======== SOURCE DATA ========

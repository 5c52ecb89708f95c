-- ===== src/Config/Numbers/RoundTrip.antt =====
-- src/config.c reads back the numbers that src/showconf.c prints, and a count that wraps.
use wireguard_tools.Config.Numbers.{
  first_byte, number_to, parse_fwmark, parse_persistent_keepalive, parse_ws_millis, is_empty,
}
use wireguard_tools.Config.Outcome.{done}
use wireguard_tools.Ctype.{char_is_digit, ctype_classes}
use wireguard_tools.Libc.Print.{
  digit_char, strtoul-minus-print_dec, print_dec, print_hex, Digits, print_base-Digits,
  strtoul-print_dec, strtoul-print_hex,
}
use wireguard_tools.Prelude.{
  ℕ, ◌-◌, ◌^◌, ◌<◌, ◌≤◌, ◌≡◌, ◌∙◌, refl, arith, true, false, ◌∷◌, Bytes, codes, length, ltb,
  char_int, equal_nocase,
}

-- A text that starts with a decimal digit passes the first two tests of the parsers.
pub Digits-char_is_digit :
    (s : Bytes) → Digits 10 s → char_is_digit (char_int (first_byte s)) ≡ true
Digits-char_is_digit s g = rw g.cons (
    (ctype_classes (digit_char g.head) (unfold digit_char in ground arith)).1
    ∙ unfold digit_char in ground arith)

Digits-ne-off : (s : Bytes) → Digits 10 s → equal_nocase s (codes "off") ≡ false
Digits-ne-off s g = rw g.cons (unfold digit_char equal_nocase in ground arith)

number_to-print_dec :
    (limit n : ℕ) → n ≤ limit → n < 2 ^ 64 → number_to 10 limit (print_dec n) ≡ done n
unfolding number_to
number_to-print_dec limit n h k =
    let fits : ltb limit n ≡ false = ground arith in rw (strtoul-print_dec n k, fits) refl

-- The interval that `showconf` prints as `%u` is read back, for every interval that the field holds.
pub parse_persistent_keepalive-print_dec :
    (n : ℕ) → n < 65536 → parse_persistent_keepalive (print_dec n) ≡ done n
unfolding parse_persistent_keepalive
parse_persistent_keepalive-print_dec n h =
    let g = print_base-Digits 10 n (omega arith) in
    rw
      (
        Digits-ne-off _ g,
        Digits-char_is_digit _ g,
        number_to-print_dec 65535 n (omega arith) (omega arith),
      )
      refl

-- The mark that `showconf` prints as `0x%x` is read back, for every mark that the field holds.
pub parse_fwmark-print_hex :
    (n : ℕ) → n < 2 ^ 32 → parse_fwmark (b'0' ∷ b'x' ∷ print_hex n) ≡ done n
unfolding parse_fwmark
parse_fwmark-print_hex n h =
    let g = print_base-Digits 16 n (omega arith) in
    let fits : ltb (2 ^ 32 - 1) n ≡ false = ground arith in
    let long : ltb 2 (length (b'0' ∷ b'x' ∷ print_hex n)) ≡ true = rw g.cons (ground arith) in
    rw (long, strtoul-print_hex n (omega arith), fits) (unfold equal_nocase char_is_digit in refl)

-- `WSPingInterval` and its like have no test for a sign, and `strtoull` negates modulo 2^64: for
-- every nonzero count, a minus sign and the decimal 2^64 - n are accepted as n.
pub parse_ws_millis_wraps :
    (n : ℕ) → 0 < n → n < 2 ^ 32 → parse_ws_millis (b'-' ∷ print_dec (2 ^ 64 - n)) ≡ done n
unfolding parse_ws_millis
parse_ws_millis_wraps n lo hi =
    let fits : ltb 0xffffffff n ≡ false = ground arith in
    rw (strtoul-minus-print_dec n lo (omega arith), fits) refl

-- The count that `showconf` prints as `%u` is read back.
pub parse_ws_millis-print_dec : (n : ℕ) → n < 2 ^ 32 → parse_ws_millis (print_dec n) ≡ done n
unfolding parse_ws_millis
parse_ws_millis-print_dec n h =
    let fits : ltb 0xffffffff n ≡ false = ground arith in
    let g = print_base-Digits 10 n (omega arith) in
    let nonempty : is_empty (print_dec n) ≡ false = rw g.cons refl in
    rw (strtoul-print_dec n (omega arith), fits, nonempty) refl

========

* _THE TASK_
Report each line of the records that holds the word "long".

* _TASK ANSWER_
    let long : ltb 2 (length (b'0' ∷ b'x' ∷ print_hex n)) ≡ true = rw g.cons (ground arith) in
    rw (long, strtoul-print_hex n (omega arith), fits) (unfold equal_nocase char_is_digit in refl)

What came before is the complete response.